Two Hinged Triangle Geometry Walk Through

Setup

It’s time for another geometry walkthrough motivated this week by this interesting problem from James Tanton.

“Two isosceles right triangles are hinged at corners as shown. Line segment connecting midpoints of their hypotenuses is used as the hypotenuse of yet another isosceles right triangle.

Prove A, B, C lie on a straight line. Can anything be said about where B sits on segment AC?”

Initial Impressions

My first impression was that this reminded me a bit of the 3 hinged squares problem where among the key observations was that the area of the triangles between the hinges was always the same. This problem has right triangles which are effectively half squares and involves the midpoints (or centers of the squares if they were there) so it’s not quite the same at least at first but keep that thought in the back of your head.

Secondly I wondered if it could be as easy as an angle chase. Sadly after working things out that appeared to not be the case. So this would take some more serious work.

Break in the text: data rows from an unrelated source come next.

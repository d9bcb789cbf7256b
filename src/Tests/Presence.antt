-- ===== src/Tests/Presence.antt =====
-- The presence scripts and the presence manager at concrete states.
use pulse_distributed_real_t.RedisStore.Leases.{Entries, entries_store, entries_store-IsRedis}
use pulse_distributed_real_t.PresenceLuaScripts.Transitions.{IsOffline, is_live}
use pulse_distributed_real_t.PresenceLuaScripts.Rosters.{online_of}
use pulse_distributed_real_t.PresenceManager.Roster.{
  get_room_roster, get_room_roster_lem, IsRosterOf, local_members,
}
use pulse_distributed_real_t.JsMap.{contains, set, get}
use pulse_distributed_real_t.PresenceManager.{PresenceManager, users_of}
use pulse_distributed_real_t.PresenceManager.Counts.{IsCounted}
use Prim.Native.String.{String}
use pulse_distributed_real_t.PresenceLuaScripts.{get_room_members_key}
use pulse_distributed_real_t.Prelude.{
  ◌∷◌, [], List, inl, none, ◌≡◌, inr, String, true, arith, some, refl, false, trim,
}

-- Ann has a lease up to 500, and she and Bob are in the lobby.
abbrev entries : Entries
entries = record {
  leases = ("pulse:presence:user:ann", "n1:c1", 500) ∷ [];
  members = ("pulse:room:lobby:members", "ann") ∷ ("pulse:room:lobby:members", "bob") ∷ [];
}

abbrev manager : PresenceManager
manager = record {
  instance_id = "n1";
  presence_ttl_ms = 60000;
  key_safeguard_ttl_sec = 120;
  local_connections = ("c1", "ann") ∷ [];
  rooms_provider = none;
  local_roster_provider = none;
  is_connected = true;
  pub_sub_counts = some (1, 1);
  gauges = none;
  is_flushing = false;
  published = [];
  events_published = 0;
  total_lease_renewals = 0;
  events_received = 0;
  is_renewal_loop_running = false;
}

-- Nobody else writes.
abbrev alone : Entries → Entries
alone s = s

-- At 600 the lease of Ann is over.
ann-IsOffline : IsOffline entries_store entries_store-IsRedis entries "pulse:presence:user:ann" 600
unfolding entries_store is_live
ann-IsOffline m = ground arith

get_room_roster_lem_example :
    let (t, roster) = get_room_roster entries_store manager entries " lobby" 100 true in
    let (u, fallback) = get_room_roster entries_store manager entries " lobby" 100 false in
    let listed : List String = "ann" ∷ [] in
    IsRosterOf "lobby" listed roster
    × ((n : String)
        → contains n (entries_store.smembers t "pulse:room:lobby:members") ≡ contains n listed)
    × (u ≡ entries)
    × IsRosterOf "lobby" [] fallback
unfolding trim get_room_members_key entries_store online_of local_members
get_room_roster_lem_example =
    get_room_roster_lem entries_store entries_store-IsRedis manager entries " lobby"
      "pulse:room:lobby:members" 100 refl refl
      (((refl, (refl, (refl, tt))), refl), (((refl, (refl, (refl, tt))), refl), tt))

manager-IsCounted : IsCounted manager
unfolding get users_of set
manager-IsCounted = record { distinct = (refl, tt); gauges = inl refl; pub_sub = inr refl }
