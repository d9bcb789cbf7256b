-- ===== src/Tests/Registries.antt =====
-- The channel registry and the connection manager at concrete states.
use pulse_distributed_real_t.PresenceEventTracker.{PresenceEventTracker}
use pulse_distributed_real_t.Json.{whole}
use pulse_distributed_real_t.Prelude.{
  trim, ◌≤◌, ◌+◌, [], ◌∷◌, none, some, true, false, ◌≡◌, refl, arith, inl, ◌⊎◌,
}
use pulse_distributed_real_t.JsMap.{get, size}
use pulse_distributed_real_t.ChannelRegistry.{
  new_channel_registry, get_ref_count, get_room_channel, increment_subscription, awaiting, answered,
  subscribe,
}
use pulse_distributed_real_t.ChannelRegistry.Interleaving.{
  handle_event, handle_events, get_ref_count-handle_events, subscribe_settled-drops, subscribes,
  unsubscribes, subscribe_settled, repeated, wanted,
}
use pulse_distributed_real_t.ChannelRegistry.Rooms.{
  get_ref_count-run_operations, apply_calls, run_operations,
}
use pulse_distributed_real_t.RoomManager.{new_room_manager}
use pulse_distributed_real_t.RoomManager.Validity.{join, leave}
use pulse_distributed_real_t.ConnectionManager.{
  ConnectionManager, ConnectionRef, new_connection_manager, try_acquire_slot, add_connection,
}
use pulse_distributed_real_t.ConnectionManager.Admission.{
  Reach, here, next, acquire, register, Reach-bounded,
}
use pulse_distributed_real_t.ConnectionManager.Index.{
  IsIndexed, add_connection-IsIndexed, new_connection_manager-IsIndexed,
}

-- Two subscribers come before Redis answers the first.
get_ref_count-handle_events_example :
    get_ref_count
      (handle_events new_channel_registry (
        subscribes "pulse:room:a"
        ∷ subscribes "pulse:room:a"
        ∷ subscribe_settled "pulse:room:a" true
        ∷ unsubscribes "pulse:room:a"
        ∷ []))
      "pulse:room:a"
    ≡ 1
unfolding get_ref_count get wanted
get_ref_count-handle_events_example =
    get_ref_count-handle_events new_channel_registry "pulse:room:a"
      (subscribes "pulse:room:a"
        ∷ subscribes "pulse:room:a"
        ∷ subscribe_settled "pulse:room:a" true
        ∷ unsubscribes "pulse:room:a"
        ∷ [])
      (refl, tt)

subscribe_settled-drops_example :
    let joined = handle_events new_channel_registry (repeated 3 "pulse:room:a") in
    ((increment_subscription new_channel_registry "pulse:room:a").1
      ≡ awaiting (subscribe "pulse:room:a"))
    × ((increment_subscription joined "pulse:room:a").1 ≡ answered false)
    × (get_ref_count joined "pulse:room:a" ≡ 3)
    × (get_ref_count (handle_event joined (subscribe_settled "pulse:room:a" false)) "pulse:room:a"
        ≡ 0)
unfolding get_ref_count get repeated
subscribe_settled-drops_example = subscribe_settled-drops new_channel_registry "pulse:room:a" 2 refl

get_ref_count-run_operations_example :
    let m =
      run_operations
        (new_room_manager true false)
        (join "a" "c1" ∷ join "a" "c2" ∷ leave "a" "c1" ∷ []) in
    get_ref_count (apply_calls new_channel_registry m.calls) "pulse:room:a"
    ≡ pulse_distributed_real_t.RoomManager.get_connection_count_in_room m "a"
unfolding get_room_channel trim
get_ref_count-run_operations_example =
    get_ref_count-run_operations false (join "a" "c1" ∷ join "a" "c2" ∷ leave "a" "c1" ∷ []) "a"
      (refl, (refl, tt)) refl

abbrev empty_manager : ConnectionManager
empty_manager = new_connection_manager false true (some 1)

abbrev ann : ConnectionRef
ann = record { connection_id = "c1"; user_id = "ann" }

abbrev reserved : ConnectionManager
reserved = (try_acquire_slot empty_manager).0

abbrev with_ann : ConnectionManager
with_ann = add_connection reserved ann

with_ann-Reach : Reach empty_manager with_ann
unfolding new_connection_manager try_acquire_slot
with_ann-Reach = next (next here (acquire empty_manager)) (register reserved ann (omega arith))

Reach-bounded_example :
    (size with_ann.connections + with_ann.pending_connections ≤ 1)
    × ((with_ann.connections_active ≡ none)
        ⊎ (with_ann.connections_active ≡ some (size with_ann.connections)))
Reach-bounded_example = Reach-bounded false true 1 with_ann with_ann-Reach

with_ann-IsIndexed : IsIndexed (add_connection empty_manager ann)
unfolding new_connection_manager get
with_ann-IsIndexed =
    add_connection-IsIndexed empty_manager ann (inl refl)
      (new_connection_manager-IsIndexed false true (some 1))

abbrev bea : ConnectionRef
bea = record { connection_id = "c2"; user_id = "bea" }

abbrev ann_only : ConnectionManager
ann_only = add_connection empty_manager ann

abbrev busy_tracker : PresenceEventTracker
busy_tracker = record {
  max_users = 2;
  last_seen_timestamps = ("ann", whole 5) ∷ ("bea", whole 6) ∷ [];
}
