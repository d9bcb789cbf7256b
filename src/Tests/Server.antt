-- ===== src/Tests/Server.antt =====
-- The server at concrete states.
use pulse_distributed_real_t.Prelude.{
  String, [], ◌∷◌, ◌++◌, none, some, true, false, if◌then◌else◌, ◌≡◌, ◌=ₛ◌, ◌+ₛ◌, ◌↔◌, ◌&&◌, refl,
  truthy,
}
use pulse_distributed_real_t.JsMap.{contains}
use pulse_distributed_real_t.Connection.Laws.{takes, sent_if}
use pulse_distributed_real_t.ConnectionManager.{
  new_connection_manager, get_connection, get_all_connections,
}
use pulse_distributed_real_t.RoomManager.{is_connection_in_room}
use pulse_distributed_real_t.HeartbeatManager.Reaping.{ids_of}
use pulse_distributed_real_t.OriginMatcher.{UrlLib, matches_wildcard, first_part, cut}
use pulse_distributed_real_t.OriginMatcher.Wildcards.{matches_wildcard-host, has_code}
use pulse_distributed_real_t.PulseServer.{
  PulseServer, ServerConfig, AuthResult, UpgradeRequest, PresenceCall, handle_upgrade, on_upgraded,
}
use pulse_distributed_real_t.PulseServer.Lifecycle.{
  on_socket_close, drain, shutdown_envelope, timeout_or,
}
use pulse_distributed_real_t.PulseServer.Slots.{ServerStep, ServerReach}
use pulse_distributed_real_t.PulseServer.Cleanup.{on_socket_close_lem}
use pulse_distributed_real_t.PulseServer.Drain.{drain_lem}
use pulse_distributed_real_t.Tests.Data.{quick_socket, node, env, later_env, alice}

abbrev plain_urls : UrlLib
plain_urls = record { to_lower_case = λ s. s; parse = λ s. none }

abbrev server_config : ServerConfig
server_config = record {
  allowed_origins = none;
  trust_proxy = false;
  trusted_proxies = none;
  max_buffered_amount_bytes = 100;
  inbound_rate_limit_burst = 50;
  inbound_rate_limit_max = 100;
  drain_timeout_ms = 2000;
}

abbrev server : PulseServer
server = record {
  config = server_config;
  node = node;
  is_running = true;
  is_shutting_down = false;
  claimed = λ i. false;
  upgrades = 0;
  presence_calls = [];
  server_counted = [];
}

abbrev fresh_server : PulseServer
fresh_server = record server {
  node = record node { connection_manager = new_connection_manager true true (some 2) };
}

abbrev request : UpgradeRequest
request = record { origin = none; auth = AuthResult.authenticated "ann" }

abbrev requested : PulseServer
requested = (handle_upgrade plain_urls fresh_server request).0

abbrev requested_twice : PulseServer
requested_twice = (handle_upgrade plain_urls requested request).0

abbrev connected : PulseServer
connected = on_upgraded quick_socket requested_twice 0 env alice.socket "ann"

-- Two upgrades, one of which is finished.
abbrev upgrading : ServerReach plain_urls quick_socket fresh_server connected
upgrading =
    ServerReach.next
      (ServerReach.next
        (ServerReach.next ServerReach.here (ServerStep.upgrade fresh_server request))
        (ServerStep.upgrade requested request))
      (ServerStep.upgraded requested_twice 0 env alice.socket "ann")

on_socket_close_lem_example :
    let t = on_socket_close plain_urls server "c1" 1000 "bye" in
    (get_connection t.node.connection_manager "c2"
      ≡ (if "c1" =ₛ "c2" then none else get_connection server.node.connection_manager "c2"))
    × (is_connection_in_room t.node.room_manager "lobby" "c2" ≡ (
        if "c1" =ₛ "c2"
        then false
        else is_connection_in_room server.node.room_manager "lobby" "c2"))
    × (t.presence_calls ≡ (
        if truthy (server.node.store "c1").user_id && server.node.config.has_presence
        then server.presence_calls
          ++ PresenceCall.presence_removed (server.node.store "c1").user_id "c1" ∷ []
        else server.presence_calls))
on_socket_close_lem_example = on_socket_close_lem plain_urls server "c1" 1000 "bye" "c2" "lobby"

drain_lem_example :
    let e = shutdown_envelope server.node env (timeout_or 2000 none) in
    let t = drain quick_socket server env none in
    let c = server.node.store "c1" in
    ((t.node.store "c1").socket.sent ≡ (
      if contains "c1" (ids_of server.node.connection_manager)
      then sent_if (takes quick_socket c e) e c.socket.sent
      else c.socket.sent))
    × (drain quick_socket t later_env none ≡ t)
unfolding contains get_all_connections
drain_lem_example =
    drain_lem quick_socket server env later_env none none "c1" refl (refl, (refl, tt))

matches_wildcard-host_example :
    (matches_wildcard (("https" +ₛ "://") +ₛ "a.pulse.io:8443") ("https" +ₛ ("://*." +ₛ "pulse.io"))
      ≡ true)
    ↔ ((l : String) × (truthy l ≡ true)
        × (first_part ":" "a.pulse.io:8443" ≡ l +ₛ ("." +ₛ "pulse.io")))
unfolding has_code cut
matches_wildcard-host_example = matches_wildcard-host "https" "pulse.io" "a.pulse.io:8443" refl refl
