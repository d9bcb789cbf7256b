-- ===== src/Uuidv7.antt =====
-- src/utils/uuidv7.ts. The two variables of the module are the state; the clock, the seeds from
-- `crypto.randomInt` and the random bytes are arguments. Texts are made from the bytes by the
-- platform and are left out.
pub mod Order
use pulse_distributed_real_t.Prelude.{
  ℕ, if◌then◌else◌, Option, List, ltb, some, [], ◌∷◌, ◌++◌, ◌==◌, suc, ◌+◌, ◌*◌, none, ◌/◌, ◌%◌,
  zero,
}
use mathlib.Core.Option.{none}
use Prim.Native.Nat.{zero}

pub record Sequence : Type 0 where
  pub last_ms : ℕ
  pub sequence_counter : ℕ

-- The state when the module is loaded.
abbrev pub fresh_sequence : Sequence
fresh_sequence = record { last_ms = 0; sequence_counter = 0 }

-- The state after the choice of the time, and the time that the id gets.
unfoldable pub next_sequence : Sequence → ℕ → ℕ → Sequence × ℕ
next_sequence s now seed =
    if ltb s.last_ms now
    then (record { last_ms = now; sequence_counter = seed }, now)
    else if now == s.last_ms
    then (if ltb 4095 (s.sequence_counter + 1)
        then (record { last_ms = now + 1; sequence_counter = 0 }, now + 1)
        else (record { last_ms = s.last_ms; sequence_counter = s.sequence_counter + 1 }, now))
    else (record { last_ms = s.last_ms; sequence_counter = s.sequence_counter + 1 }, s.last_ms)

-- With a custom timestamp only the counter is drawn anew.
unfoldable pub choose_time : Sequence → Option ℕ → ℕ → ℕ → Sequence × ℕ
unfolding next_sequence
choose_time s none now seed = next_sequence s now seed
choose_time s (some custom) now seed = (record s { sequence_counter = seed }, custom)

-- buffer.writeUIntBE(n, offset, bytes): the bytes of `n`, the most significant first.
unfoldable pub write_uint_be : ℕ → ℕ → List ℕ
write_uint_be n zero = []
write_uint_be n (suc count) = write_uint_be (n / 256) count ++ (n % 256 ∷ [])

-- bytes[8] = (bytes[8] & 0x3f) | 0x80
unfoldable pub set_variant : List ℕ → List ℕ
set_variant [] = []
set_variant (x ∷ random) = (128 + x % 64) ∷ random

-- The sixteen bytes: six of the time, two of the version and the counter, eight random ones.
unfoldable pub uuid_bytes : ℕ → ℕ → List ℕ → List ℕ
unfolding write_uint_be set_variant
uuid_bytes ms counter random =
    write_uint_be ms 6 ++ (write_uint_be (7 * 4096 + counter % 4096) 2 ++ set_variant random)

unfoldable pub generate_uuid : Sequence → Option ℕ → ℕ → ℕ → List ℕ → Sequence × List ℕ
unfolding choose_time uuid_bytes
generate_uuid s custom now seed random =
    let (t, ms) = choose_time s custom now seed in (t, uuid_bytes ms t.sequence_counter random)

The third observation I had is midpoints tend to generate similar triangles:

And if you draw in the extra line BD that is indeed the case here. Triangle BCD is similar to triangle BCG. BD is parallel to FG and the scale factor is 2:1.

But I wasn’t quite sure yet what to do with all of that. Colinearity is one of those slippery properties that is less directly proven. I hadn’t been able to find the angles to show that they all added up to 180 via an angle chase which would be the most direct method.

Analytic Approach

So out of ideas I started going down an analytic path.

First I set C, the hinge point, to (0,0) and oriented one triangle ABC on the X and Y axes and assigned it length p. Then I squared off the second triangle and assigned those triangles length q and r. From there I eventually derived an expression for H that showed it was indeed on the line AE. This was a bit complicated and I don’t tend to find the analytic solutions to be quite as explanatory as the synthetic ones.

However, via @jimsimons@mathstodon.xyz there is a nice improvement on this approach using the complex plane.

“Put C the point where the triangles meet at the origin, and let the points A and E be the complex numbers 4a and 4e (the 4’s avoids fractions later).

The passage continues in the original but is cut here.